Fort de l'élan donné par le mouvement hard rock, Jim Marshall, qui s'était rapidement imposé comme la marque numéro un au Royaume-Uni, jeta ensuite son dévolu sur le marché américain. À cette époque, le contrat de 15 ans qui le liait à la société Rose-Morris, chargée des exportations de Marshall depuis 1965, venait d'arriver à son terme. Jim décida alors de ne plus confier ses exportations à un distributeur, mais de s'attaquer lui-même aux marchés étrangers.L'atout que Jim Marshall a alors lancé pour conquérir le monde n'était autre que la série JCM800, ornée de ses éclatants panneaux dorés.

 

Qu'est-ce que la série JCM800 ?

La série JCM800 comprend quatre modèles d'amplis pour guitare emblématiques : le 1959, le 1987, le 2203 et le 2204.Ces quatre modèles reprennent fidèlement les modèles phares des années 70 mentionnés précédemment. Puis, à partir de 1983, Marshall a lancé les modèles 2210 (100 W) et 2205 (50 W), les premiers à intégrer deux canaux (clean et drive) ainsi qu'une réverbération. Cependant, ces modèles à deux canaux n'ont pas été aussi largement distribués que les modèles à un canal et sont aujourd'hui assez rares.

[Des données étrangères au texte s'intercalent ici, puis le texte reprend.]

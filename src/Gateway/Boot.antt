-- ===== src/Gateway/Boot.antt =====
-- The start of `main` in gateway/src/main.cpp, before its loop: the event counters, and the sessions.
use climate_node.Common.{
  ◌≡◌, sym, subst, ap, Bool, true, ◌&&◌, List, Option, none, some, arith, if◌then◌else◌,
}
use climate_node.AppChannels.{SensorReading}
use climate_node.Relay.{RelayUp, RelayStatus}
use climate_node.Gateway.{session_at_boot, own_config, peer_config}
use climate_node.Gateway.Incoming.{Sessions}
use climate_node.Gateway.Channels.{Channel, Use, uses, mailbox, uses-mailbox}
use climate_node.Gateway.Loop.{Channels, News, arrive}
use climate_node.Gateway.Loop.Runs.{sessions_at_boot}

-- Which of the four calls of `zvfs_eventfd` give a descriptor.
pub record EvtFds : Type 0 where
  pub telemetry : Bool
  pub relay_telemetry : Bool
  pub relay_ack : Bool
  pub relay_status : Bool

-- A counter starts at 0, whatever is on the channel.
abbrev pub create_evt_fd : {A : Type 0} → Bool → Channel A → Channel A
create_evt_fd created c = record c { events = 0; has_fd = created }

unfoldable pub create_evt_fds : EvtFds → Channels → Channels
create_evt_fds f c = record {
  telemetry = create_evt_fd f.telemetry c.telemetry;
  relay_telemetry = create_evt_fd f.relay_telemetry c.relay_telemetry;
  relay_ack = create_evt_fd f.relay_ack c.relay_ack;
  relay_status = create_evt_fd f.relay_status c.relay_status;
}

-- What `main` starts its loop with; none if a descriptor is missing, when it returns.
unfoldable pub main_set_up : EvtFds → Channels → Option (Sessions × Channels)
main_set_up f c =
    if f.telemetry && f.relay_telemetry && f.relay_ack && f.relay_status
    then some (sessions_at_boot, create_evt_fds f c)
    else none

-- What the four channels answer to messages and looks, and four mailboxes that are empty at first.
pub record AllUses : Type 0 where
  pub telemetry : List (Use SensorReading)
  pub relay_telemetry : List (Use RelayUp)
  pub relay_ack : List (Use RelayUp)
  pub relay_status : List (Use RelayStatus)

abbrev pub AnswerAsMailboxes : AllUses → Channels → Type 0
AnswerAsMailboxes u c =
    (uses u.telemetry c.telemetry ≡ mailbox u.telemetry none)
    × (uses u.relay_telemetry c.relay_telemetry ≡ mailbox u.relay_telemetry none)
    × (uses u.relay_ack c.relay_ack ≡ mailbox u.relay_ack none)
    × (uses u.relay_status c.relay_status ≡ mailbox u.relay_status none)

empty_box :
    {A : Type 0} (created : Bool) (c : Channel A) (us : List (Use A))
    → created ≡ true
    → uses us (create_evt_fd created c) ≡ mailbox us none
empty_box created c us h = uses-mailbox us (create_evt_fd created c) h

main_set_up-some :
    (f : EvtFds) (c : Channels) (ss : Sessions) (ready : Channels)
    → main_set_up f c ≡ some (ss, ready)
    → (f.telemetry ≡ true)
      × (f.relay_telemetry ≡ true)
      × (f.relay_ack ≡ true)
      × (f.relay_status ≡ true)
      × (sessions_at_boot ≡ ss)
      × (create_evt_fds f c ≡ ready)
unfolding main_set_up
main_set_up-some f c ss ready h = ground (arith, h)

-- If `main` comes to its loop, whatever was published before: both sessions are idle and due at once;
-- and of each channel, looks find what a mailbox for one message would give that starts empty:
-- nothing from before, and from then on the newest message since the last look, once.
pub main_set_up_lem :
    (f : EvtFds) (early : News) (c : Channels) (u : AllUses) (ss : Sessions) (ready : Channels)
    → main_set_up f (arrive early c) ≡ some (ss, ready)
    → (ss.own ≡ session_at_boot own_config)
      × (ss.peer ≡ session_at_boot peer_config)
      × AnswerAsMailboxes u ready
unfolding create_evt_fds
main_set_up_lem f early c u ss ready h =
    let was = arrive early c in
    let up = main_set_up-some f was ss ready h in
    (
      ap (λ (x : Sessions). x.own) (sym up.4),
      ap (λ (x : Sessions). x.peer) (sym up.4),
      subst (AnswerAsMailboxes u) up.5 (
        empty_box f.telemetry was.telemetry u.telemetry up.0,
        empty_box f.relay_telemetry was.relay_telemetry u.relay_telemetry up.1,
        empty_box f.relay_ack was.relay_ack u.relay_ack up.2,
        empty_box f.relay_status was.relay_status u.relay_status up.3,
      ),
    )
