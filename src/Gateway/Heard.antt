-- ===== src/Gateway/Heard.antt =====
-- What the broker has told a session of gateway/src/main.cpp about its connection, and what the flags
-- that mqtt_evt_handler sets say of it.
use mathlib.Core.List.{append_assoc, append-nil}
use climate_node.Common.{
  ◌≡◌, refl, sym, ap, ◌∙◌, subst, Bool, true, false, not, ◌&&◌, List, [], ◌∷◌, ◌++◌, Option,
  if◌then◌else◌, if_both, if_cases, if_along, if_along_cases, ◌+◌, leb, arith, ℕ,
}
use climate_node.Common.Decimal.{All, All-append}
use climate_node.Zephyr.{Rc, is_success}
use climate_node.Relay.{RelayStatus}
use climate_node.Gateway.{
  connack_timeout_ms, MqttCall, SessionState, idle, connecting, serving, NodeSession,
}
use climate_node.Gateway.Lifecycle.{
  session_drop, session_connect, session_serving, Evt, connack, disconnect, other_evt, on_evt,
  on_evts, SessionInput, is_idle, is_serving, start, take_input, tolerated, look_after,
  look_after_in,
}

abbrev pub is_loss : Evt → Bool
is_loss disconnect = true
is_loss _ = false

abbrev pub NoLoss : Evt → Type 0
NoLoss e = is_loss e ≡ false

-- A CONNACK without an error is among the events; and no DISCONNECT comes after it.
abbrev pub Accepted : List Evt → Type 0
Accepted es =
    (before : List Evt) × (rc : Rc) × (after : List Evt) × (is_success rc ≡ true)
    × (es ≡ before ++ (connack rc ∷ after))

abbrev pub Standing : List Evt → Type 0
Standing es =
    (before : List Evt) × (rc : Rc) × (after : List Evt) × (is_success rc ≡ true)
    × (es ≡ before ++ (connack rc ∷ after))
    × All NoLoss after

Standing-Accepted : (es : List Evt) → Standing es → Accepted es
Standing-Accepted es (before, rc, after, ok, same, kept) = (before, rc, after, ok, same)

Accepted-append : (es more : List Evt) → Accepted es → Accepted (es ++ more)
Accepted-append es more (before, rc, after, ok, same) = (
  before,
  rc,
  after ++ more,
  ok,
  ap (λ l. l ++ more) same ∙ append_assoc before (connack rc ∷ after) more,
)

Standing-append : (es : List Evt) (e : Evt) → NoLoss e → Standing es → Standing (es ++ (e ∷ []))
Standing-append es e none_lost (before, rc, after, ok, same, kept) = (
  before,
  rc,
  after ++ (e ∷ []),
  ok,
  ap (λ l. l ++ (e ∷ [])) same ∙ append_assoc before (connack rc ∷ after) (e ∷ []),
  All-append NoLoss after (e ∷ []) kept (none_lost, tt),
)

-- A session that is connected was accepted and has heard of no loss since; one that serves was
-- accepted.
abbrev pub Told : List Evt → NodeSession → Type 0
Told es s = (s.connected ≡ true → Standing es) × (is_serving s.state ≡ true → Accepted es)

Told-on_evt :
    (e : Evt) (es : List Evt) (s : NodeSession) → Told es s → Told (es ++ (e ∷ [])) (on_evt e s)
Told-on_evt (connack rc) es s (stands, accepts) =
    if_cases (Told (es ++ (connack rc ∷ []))) (is_success rc)
      (λ ok. (
        (λ _. (es, rc, [], ok, refl, tt)),
        (λ h. Accepted-append es (connack rc ∷ []) (accepts h)),
      ))
      (λ refused. (
        (λ h. Standing-append es (connack rc) refl (stands h)),
        (λ h. Accepted-append es (connack rc ∷ []) (accepts h)),
      ))
Told-on_evt disconnect es s (stands, accepts) =
    ((λ h. absurd (ground (arith, h))), (λ h. Accepted-append es (disconnect ∷ []) (accepts h)))
Told-on_evt other_evt es s (stands, accepts) = (
  (λ h. Standing-append es other_evt refl (stands h)),
  (λ h. Accepted-append es (other_evt ∷ []) (accepts h)),
)

Told-on_evts :
    (more es : List Evt) (s : NodeSession) → Told es s → Told (es ++ more) (on_evts more s)
unfolding on_evts
Told-on_evts [] es s h = subst (λ l. Told l s) (sym (append-nil es)) h
Told-on_evts (e ∷ more) es s h =
    subst (λ l. Told l (on_evts more (on_evt e s))) (append_assoc es (e ∷ []) more)
      (Told-on_evts more (es ++ (e ∷ [])) (on_evt e s) (Told-on_evt e es s h))

-- Neither connected nor serving.
abbrev Out : NodeSession → Type 0
Out s = (s.connected ≡ false) × (is_serving s.state ≡ false)

Told-Out : (es : List Evt) (s : NodeSession) → Out s → Told es s
Told-Out es s (off, away) = ((λ h. absurd (ground arith)), (λ h. absurd (ground arith)))

pub Told-session_drop :
    (es : List Evt) (s : NodeSession) (reached : Bool) (noted : ℕ)
    → Told es (session_drop s reached noted).1
unfolding session_drop
Told-session_drop es s reached noted = Told-Out es (session_drop s reached noted).1 (refl, refl)

-- What a session has heard since its last attempt to connect, after a part of a pass.
abbrev connects : SessionInput → NodeSession → Bool
connects i s = is_idle s.state && leb s.retry_at i.now

abbrev pub heard_at_start : SessionInput → NodeSession → List Evt → List Evt
heard_at_start i s es = if connects i s then [] else es

abbrev pub heard_from_socket : SessionInput → NodeSession → List Evt → List Evt
heard_from_socket i s es = if not (is_idle s.state) && i.readable then es ++ i.events else es

abbrev pub comes_to_serve : NodeSession → Bool
comes_to_serve s = (not (is_idle s.state) && not (is_serving s.state)) && s.connected

abbrev pub heard_while_served : SessionInput → NodeSession → List Evt → List Evt
heard_while_served i s es = if comes_to_serve s then es ++ i.serving_events else es

-- What such a part makes of a session, with what it has heard then.
abbrev TellsCall : List Evt → List MqttCall × NodeSession → Type 0
TellsCall es r = Told es r.1

pub Told-start :
    (i : SessionInput) (s : NodeSession) (es : List Evt)
    → Told es s
    → Told (heard_at_start i s es) (start i s).1
unfolding start session_connect
Told-start i s es h =
    let asked = record s {
      connected = false;
      connect_failed = false;
      state = connecting;
      connack_due = i.connect_noted + connack_timeout_ms;
    } in
    let failed = record s { connected = false; connect_failed = false; state = idle } in
    if_along TellsCall (connects i s)
      (if_both (TellsCall []) (is_success i.connect_rc) (Told-Out [] asked (refl, refl))
        (Told-session_drop [] failed false i.connect_noted))
      h

pub Told-take_input :
    (i : SessionInput) (s : NodeSession) (es : List Evt)
    → Told es s
    → Told (heard_from_socket i s es) (take_input i s).1
unfolding take_input
Told-take_input i s es h =
    let heard = es ++ i.events in
    if_along TellsCall (not (is_idle s.state) && i.readable)
      (if_both (TellsCall heard) (is_success i.input_rc) (Told-on_evts i.events es s h)
        (Told-session_drop heard _ _ i.input_noted))
      h

Told-session_serving :
    (es : List Evt) (s : NodeSession) (status : Option RelayStatus)
    → s.connected ≡ true
    → Told es s
    → Told es (session_serving s status).1
Told-session_serving es s status told (stands, accepts) =
    ((λ _. stands told), (λ _. Standing-Accepted es (stands told)))

Told-look_after_in :
    (q : SessionState) (i : SessionInput) (s : NodeSession) (es : List Evt)
    → s.state ≡ q
    → Told es s
    → Told (heard_while_served i (record s { state = q }) es) (look_after_in q i s).1
unfolding look_after_in
Told-look_after_in idle i s es at h = h
Told-look_after_in connecting i s es at h =
    let served = (session_serving s i.status).1 in
    let dropped = Told-session_drop es s false i.drop_noted in
    if_along_cases TellsCall s.connected
      (λ on. Told-on_evts i.serving_events es served (Told-session_serving es s i.status on h))
      (λ off.
        if_both (TellsCall es) s.connect_failed dropped
          (if_both (TellsCall es) (leb s.connack_due i.later) dropped h))
Told-look_after_in serving i s es at h =
    let dropped = Told-session_drop es s true i.drop_noted in
    if_both (TellsCall es) (not s.connected) dropped
      (if_both (TellsCall es) (tolerated i.live_rc) h dropped)

pub Told-look_after :
    (i : SessionInput) (s : NodeSession) (es : List Evt)
    → Told es s
    → Told (heard_while_served i s es) (look_after i s).1
unfolding look_after
Told-look_after i s es h = Told-look_after_in s.state i s es refl h
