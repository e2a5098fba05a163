-- ===== src/Gateway/Incoming/Draining.antt =====
-- The payload of a PUBLISH leaves the stream whole, whatever its length.
use climate_node.Common.{
  ℕ, zero, suc, ◌+◌, ◌-◌, ◌≤◌, ◌≡◌, refl, sym, ap, ◌∙◌, min, Bool, List, [], ◌∷◌, some, length,
  take, drop, arith,
}
use climate_node.Zephyr.{Rc}
use climate_node.Commands.{Node, Dedupe}
use climate_node.Protocol.{Nanopb}
use climate_node.Gateway.Incoming.{
  Sessions, PublishEvt, after_reading, handle_incoming_publish, Reader, drained, drain_with, drain,
  read_payload,
}

-- What the library documents of a connection that delivers: a read of no more than what the broker
-- sent gives exactly the next bytes.
pub record Delivers (m : Reader) : Type 0 where
  pub ahead : m.Stream → List ℕ
  pub reads :
      (k : ℕ) (st : m.Stream)
      → k ≤ length (ahead st)
      → (st' : m.Stream) × (m.readall k st ≡ some (take k (ahead st), st'))
        × (ahead st' ≡ drop k (ahead st))

drop_none : (j : ℕ) (xs : List ℕ) → xs ≡ [] → drop j xs ≡ []
drop_none zero xs h = h
drop_none (suc j) [] h = refl
drop_none (suc j) (x ∷ xs) h = ground arith

drop-drop : (i j : ℕ) (xs : List ℕ) → drop j (drop i xs) ≡ drop (i + j) xs
drop-drop zero j xs = let e : j ≡ 0 + j = omega arith in ap (λ k. drop k xs) e
drop-drop (suc i) j [] = drop_none j [] refl ∙ sym (drop_none (suc i + j) [] refl)
drop-drop (suc i) j (x ∷ xs) =
    let e : suc (i + j) ≡ suc i + j = omega arith in drop-drop i j xs ∙ ap (λ k. drop k (x ∷ xs)) e

length-drop : (k : ℕ) (xs : List ℕ) → length (drop k xs) ≡ length xs - k
length-drop zero xs = omega arith
length-drop (suc k) [] = omega arith
length-drop (suc k) (x ∷ xs) = omega (arith, length-drop k xs)

module _ (m : Reader) (law : Delivers m) where
  drain_with_lem :
      (fuel k : ℕ) (st : m.Stream)
      → k ≤ fuel
      → k ≤ length (law.ahead st)
      → (st' : m.Stream) × (drain_with m fuel k st ≡ drained st')
        × (law.ahead st' ≡ drop k (law.ahead st))
  unfolding drain_with
  drain_with_lem fuel zero st h l = (st, refl, refl)
  drain_with_lem zero (suc k) st h l = absurd (omega arith)
  drain_with_lem (suc fuel) (suc k) st h l =
      let chunk = min (suc k) 64 in
      let (st1, e1, a1) = law.reads chunk st (omega arith) in
      let room : suc k - chunk ≤ length (law.ahead st1) =
        rw (a1) (omega (arith, length-drop chunk (law.ahead st))) in
      let (st', e', a') = drain_with_lem fuel (suc k - chunk) st1 (omega arith) room in
      let whole : chunk + (suc k - chunk) ≡ suc k = omega arith in
      (
        st',
        rw (e1, e') refl,
        a'
            ∙ (ap (drop (suc k - chunk)) a1
                ∙ (drop-drop chunk (suc k - chunk) (law.ahead st)
                    ∙ ap (λ i. drop i (law.ahead st)) whole)),
      )

  read_payload_lem :
      (len : ℕ) (st : m.Stream)
      → len ≤ length (law.ahead st)
      → (st' : m.Stream) × (read_payload m len st
          ≡ drained (take (min len 128) (law.ahead st), st'))
        × (law.ahead st' ≡ drop len (law.ahead st))
  unfolding read_payload drain
  read_payload_lem len st h =
      let kept = min len 128 in
      let (st1, e1, a1) = law.reads kept st (omega arith) in
      let room : len - kept ≤ length (law.ahead st1) =
        rw (a1) (omega (arith, length-drop kept (law.ahead st))) in
      let (st', e', a') = drain_with_lem (len - kept) (len - kept) st1 (omega arith) room in
      let whole : kept + (len - kept) ≡ len = omega arith in
      (
        st',
        rw (e1, e') refl,
        a'
            ∙ (ap (drop (len - kept)) a1
                ∙ (drop-drop kept (len - kept) (law.ahead st)
                    ∙ ap (λ i. drop i (law.ahead st)) whole)),
      )

  module _ (n : Node) (pb : Nanopb) where
    -- Of a connection that delivers the payload of a PUBLISH: it is read to its end, however long and
    -- in however many turns of the draining loop, so that the stream stands at the byte after it; and
    -- what is done is done with its first 128 bytes, or with all of it if it is no longer.
    pub handle_incoming_publish_lem :
        (which : Bool) (e : PublishEvt) (st : m.Stream) (rc : Rc) (ss : Sessions) (d : Dedupe)
        (b : n.Bus)
        → e.len ≤ length (law.ahead st)
        → let (acts, ss', d', b') =
            after_reading n pb which e (take (min e.len 128) (law.ahead st)) rc ss d b in
          (st' : m.Stream) × (handle_incoming_publish n pb m which e st rc ss d b
            ≡ (drained st', acts, ss', d', b'))
          × (law.ahead st' ≡ drop e.len (law.ahead st))
    unfolding handle_incoming_publish
    handle_incoming_publish_lem which e st rc ss d b h =
        let (st', whole, at_end) = read_payload_lem e.len st h in (st', rw (whole), at_end)
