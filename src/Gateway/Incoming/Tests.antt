-- ===== src/Gateway/Incoming/Tests.antt =====
-- Concrete messages from the broker.
use climate_node.Common.{
  ℕ, ◌≡◌, refl, inl, true, false, none, some, List, [], ◌∷◌, ◌++◌, arith, take, drop, if◌then◌else◌,
}
use climate_node.Common.Decimal.{codes}
use climate_node.Zephyr.{success, ebusy}
use climate_node.Commands.{Command, malformed, failed, no_command_yet, handle_command}
use climate_node.Commands.Sample.{node_two, node_two-HasTexts}
use climate_node.Protocol.Plain.{plain, plain-IsNanopb}
use climate_node.Gateway.{
  session_at_boot, own_config, peer_config, peer_topic_ack, peer_topic_command, at_least_once,
}
use climate_node.Gateway.Incoming.{
  topic_is, Sessions, Act, PublishEvt, puback, after_reading, handle_incoming_publish, info_if,
  Reader, drained,
}
use climate_node.Gateway.Incoming.Draining.{Delivers, handle_incoming_publish_lem}
use climate_node.Gateway.Incoming.Answers.{Publishes}
use climate_node.Gateway.Incoming.Routes.{relay_busy, refuses_payload, executes_command}

-- Sequence 7, TriggerMeasurement.
abbrev trigger_bytes : List ℕ
trigger_bytes = 7 ∷ 11 ∷ 0 ∷ []

abbrev trigger_command : Command
trigger_command = record { schema_version = 1; sequence = 7; which_payload = 11; interval_ms = 0 }

abbrev both : Sessions
both = record { own = session_at_boot own_config; peer = session_at_boot peer_config }

abbrev to_peer : PublishEvt
to_peer = record { topic = peer_topic_command; qos = at_least_once; message_id = 21; len = 3 }

abbrev to_own : PublishEvt
to_own = record to_peer { topic = codes "node/1/command" }

to_peer_topic : topic_is (codes "node/2/command") peer_topic_command ≡ true
unfolding topic_is
to_peer_topic = refl

to_own_topic : topic_is (codes "node/1/command") peer_topic_command ≡ false
unfolding topic_is
to_own_topic = refl

relay_busy_example :
    (acts : List Act) × ((after_reading node_two plain true to_peer trigger_bytes ebusy both
        no_command_yet []).0
      ≡ puback node_two plain true at_least_once 21 ++ acts)
    × Publishes plain acts true peer_topic_ack 7 failed (codes "relay busy") none
relay_busy_example =
    relay_busy node_two plain plain-IsNanopb true to_peer trigger_bytes trigger_command both
      no_command_yet [] ebusy refl to_peer_topic (omega arith) (omega arith) refl (omega arith)

refuses_payload_example :
    let (acts, ss', d', b') =
      after_reading node_two plain false
        (record to_own { len = 129 })
        trigger_bytes
        success
        both
        no_command_yet
        [] in
    (ack : List Act) × (acts ≡ puback node_two plain false at_least_once 21 ++ ack)
    × Publishes plain ack false
        (if topic_is (codes "node/1/command") peer_topic_command
          then peer_topic_ack
          else codes "node/1/ack")
        0
        malformed
        (codes "payload too large")
        none
    × (d' ≡ no_command_yet)
    × (b' ≡ [])
refuses_payload_example =
    refuses_payload node_two plain plain-IsNanopb false (record to_own { len = 129 }) trigger_bytes
      success both no_command_yet [] (inl (omega arith))

executes_command_example :
    let (acts, ss', d', b') =
      after_reading node_two plain false to_own trigger_bytes success both no_command_yet [] in
    let (result, d'', b'') = handle_command node_two trigger_command no_command_yet [] in
    (ack : List Act) × (acts ≡ puback node_two plain false at_least_once 21 ++ ack)
    × Publishes plain ack false
        (codes "node/1/ack")
        7
        result.status
        result.detail
        (info_if node_two plain result)
    × (d' ≡ d'')
    × (b' ≡ b'')
executes_command_example =
    executes_command node_two plain plain-IsNanopb false to_own trigger_bytes trigger_command both
      no_command_yet [] node_two-HasTexts success to_own_topic (omega arith) refl (omega arith)

-- A connection that has received some bytes.
abbrev buffered : Reader
buffered = record { Stream = List ℕ; readall = λ k st. some (take k st, drop k st) }

abbrev buffered_delivers : Delivers buffered
buffered_delivers = record { ahead = λ st. st; reads = λ k st h. (drop k st, refl, refl) }

handle_incoming_publish_lem_example :
    let (acts, ss', d', b') =
      after_reading node_two plain true to_peer trigger_bytes success both no_command_yet [] in
    (st' : List ℕ) × (handle_incoming_publish node_two plain buffered true to_peer
        (7 ∷ 11 ∷ 0 ∷ 48 ∷ [])
        success
        both
        no_command_yet
        []
      ≡ (drained st', acts, ss', d', b'))
    × (st' ≡ 48 ∷ [])
handle_incoming_publish_lem_example =
    handle_incoming_publish_lem buffered buffered_delivers node_two plain true to_peer
      (7 ∷ 11 ∷ 0 ∷ 48 ∷ []) success both no_command_yet [] (omega arith)
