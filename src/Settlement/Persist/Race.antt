-- ===== src/Settlement/Persist/Race.antt =====
-- Two runs of the engine that have both aggregated the same payments.
use distributed_payment_pipe.Base.{suc, ◌≡◌, refl, false, ◌||◌, List, [], ◌∷◌, ◌++◌, map, arith}
use distributed_payment_pipe.Text.{Text, codes, text_eq}
use distributed_payment_pipe.Errors.{done, committed, ok}
use distributed_payment_pipe.Domain.{Time, Transaction}
use distributed_payment_pipe.Db.{Db, Batch, insert_outbox}
use distributed_payment_pipe.Settlement.{
  CapturedGroup, PersistReplies, persist_batch, persisted, has_window, has_id, same_window,
  settle_row,
}
use distributed_payment_pipe.Settlement.Persist.{event_of, has_window-append}
use distributed_payment_pipe.Settlement.Engine.{GroupInput, batch_of}

-- Postgres answers every call.
abbrev pub IsAnswered : PersistReplies → Type 0
IsAnswered r =
    (r.begin ≡ done)
    × (r.insert_batch ≡ done)
    × (r.update_txns ≡ done)
    × (r.insert_settled ≡ done)
    × (r.insert_payout ≡ done)
    × (r.commit ≡ committed)

-- No batch has the keys or the id of the batch.
abbrev pub IsNew : Batch → Db → Type 0
IsNew b db =
    (has_window b db.settlement_batches ≡ false) × (has_id b.id db.settlement_batches ≡ false)

persist_batch_writes :
    (r : PersistReplies) (b : Batch) (g : CapturedGroup) (s p : Text) (db : Db)
    → IsAnswered r
    → IsNew b db
    → persist_batch r b g s p db ≡ (ok false, persisted b g s p r.now db)
unfolding persist_batch
persist_batch_writes r b g s p db h new = ground arith

has_id-append :
    (i : Text) (b : Batch) (bs : List Batch)
    → has_id i (bs ++ b ∷ []) ≡ (has_id i bs || text_eq b.id i)
unfolding has_id
has_id-append i b [] = ground arith
has_id-append i b (x ∷ bs) = ground (arith, has_id-append i b bs)

settle_row_again :
    (ids : List Text) (now later : Time) (t : Transaction)
    → settle_row ids later (settle_row ids now t) ≡ settle_row ids now t
unfolding settle_row text_eq
settle_row_again ids now later t = ground arith

settle_again :
    (ids : List Text) (now later : Time) (rows : List Transaction)
    → map (settle_row ids later) (map (settle_row ids now) rows) ≡ map (settle_row ids now) rows
settle_again ids now later [] = refl
settle_again ids now later (t ∷ rows) =
    ground (arith, settle_row_again ids now later t, settle_again ids now later rows)

persist_batch_rows_twice :
    (r r' : PersistReplies) (b c : Batch) (g : CapturedGroup) (s p s' p' : Text) (db : Db)
    → IsAnswered r
    → IsAnswered r'
    → IsNew b db
    → IsNew c db
    → same_window c b ≡ false
    → text_eq b.id c.id ≡ false
    → let (o, db') = persist_batch r b g s p db in
      let (o', db'') = persist_batch r' c g s' p' db' in
      (o ≡ ok false)
      × (o' ≡ ok false)
      × (db''.settlement_batches ≡ (db.settlement_batches ++ b ∷ []) ++ c ∷ [])
      × (db''.transactions ≡ db'.transactions)
      × (db''.outbox
          ≡ (((db.outbox ++ event_of db.next_outbox_id b (codes "payments.settled") s r.now ∷ [])
                ++ event_of (suc db.next_outbox_id) b (codes "payouts.requested") p r.now ∷ [])
              ++ event_of (suc (suc db.next_outbox_id)) c (codes "payments.settled") s' r'.now ∷ [])
            ++ event_of (suc (suc (suc db.next_outbox_id))) c (codes "payouts.requested") p' r'.now
              ∷ [])
unfolding persisted insert_outbox
persist_batch_rows_twice r r' b c g s p s' p' db h h' new new' windows ids =
    let db' = persisted b g s p r.now db in
    let new'' : IsNew c db' = (
      ground (arith, new', windows, has_window-append c b db.settlement_batches),
      ground (arith, new', ids, has_id-append c.id b db.settlement_batches),
    ) in
    rw (persist_batch_writes r b g s p db h new, persist_batch_writes r' c g s' p' db' h' new'')
      (refl, refl, refl, settle_again g.payment_ids r.now r'.now db.transactions, refl)

-- If two runs have aggregated the same group of payments for two windows, and Postgres answers every
-- call, then both report a new batch and write its row, with the full total of the group, and its two
-- events, the settled one and the request of a payout, although the second run changes no payment:
-- its condition on the state finds none that is CAPTURED. Neither batch has the id, or the keys and
-- the window, of the other or of a row of the table.
pub persist_batch_twice :
    (i i' : GroupInput) (g : CapturedGroup) (start end start' end' : Time) (s p s' p' : Text)
    (db : Db)
    → let b = batch_of i g start end in
      let c = batch_of i' g start' end' in
      IsAnswered i.replies
      → IsAnswered i'.replies
      → IsNew b db
      → IsNew c db
      → same_window c b ≡ false
      → text_eq b.id c.id ≡ false
      → let (o, db') = persist_batch i.replies b g s p db in
        let (o', db'') = persist_batch i'.replies c g s' p' db' in
        let n = db.next_outbox_id in
        (o ≡ ok false)
        × (o' ≡ ok false)
        × (db''.settlement_batches ≡ (db.settlement_batches ++ b ∷ []) ++ c ∷ [])
        × (b.total_minor ≡ g.total_minor)
        × (c.total_minor ≡ g.total_minor)
        × (db''.transactions ≡ db'.transactions)
        × (db''.outbox
            ≡ (((db.outbox ++ event_of n b (codes "payments.settled") s i.replies.now ∷ [])
                  ++ event_of (suc n) b (codes "payouts.requested") p i.replies.now ∷ [])
                ++ event_of (suc (suc n)) c (codes "payments.settled") s' i'.replies.now ∷ [])
              ++ event_of (suc (suc (suc n))) c (codes "payouts.requested") p' i'.replies.now ∷ [])
unfolding batch_of
persist_batch_twice i i' g start end start' end' s p s' p' db h h' new new' other ids =
    let (first, second, batches, payments, events) =
      persist_batch_rows_twice i.replies i'.replies (batch_of i g start end)
        (batch_of i' g start' end') g s p s' p' db h h' new new' other ids in
    (first, second, batches, refl, refl, payments, events)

 Comparons ici les quatre modèles représentatifs : le 1959, le 1987, le 2203 et le 2204.

 

Alors, lequel choisir ?

 

Le choix entre 100 W et 50 W : Zack Wild et Michael Schenker

C'est là le point essentiel. Il ne s'agit pas simplement d'une question de volume. Au contraire, le volume ne change peut-être pas tant que ça. Bien sûr, le son est plus puissant avec 100 W, mais ce n'est pas le double de celui d'un 50 W. Intuitivement, on dirait plutôt un rapport de 4 pour 3… Quoi qu'il en soit, le son du JCM800 est puissant ! Ça, c'est certain.
 Alors, qu'est-ce qui différencie tant le 100 W du 50 W ? Tout se résume en un seul mot : le « son ». La plupart des amplis Marshall fonctionnent à l'aide de lampes, avec des lampes de préamplification pour le préampli et des lampes de puissance pour la section de sortie. Les deux modèles partagent la même section de préamplification ; c'est la section de puissance qui diffère. Le 50 W utilise deux lampes de puissance, tandis que le 100 W en utilise quatre.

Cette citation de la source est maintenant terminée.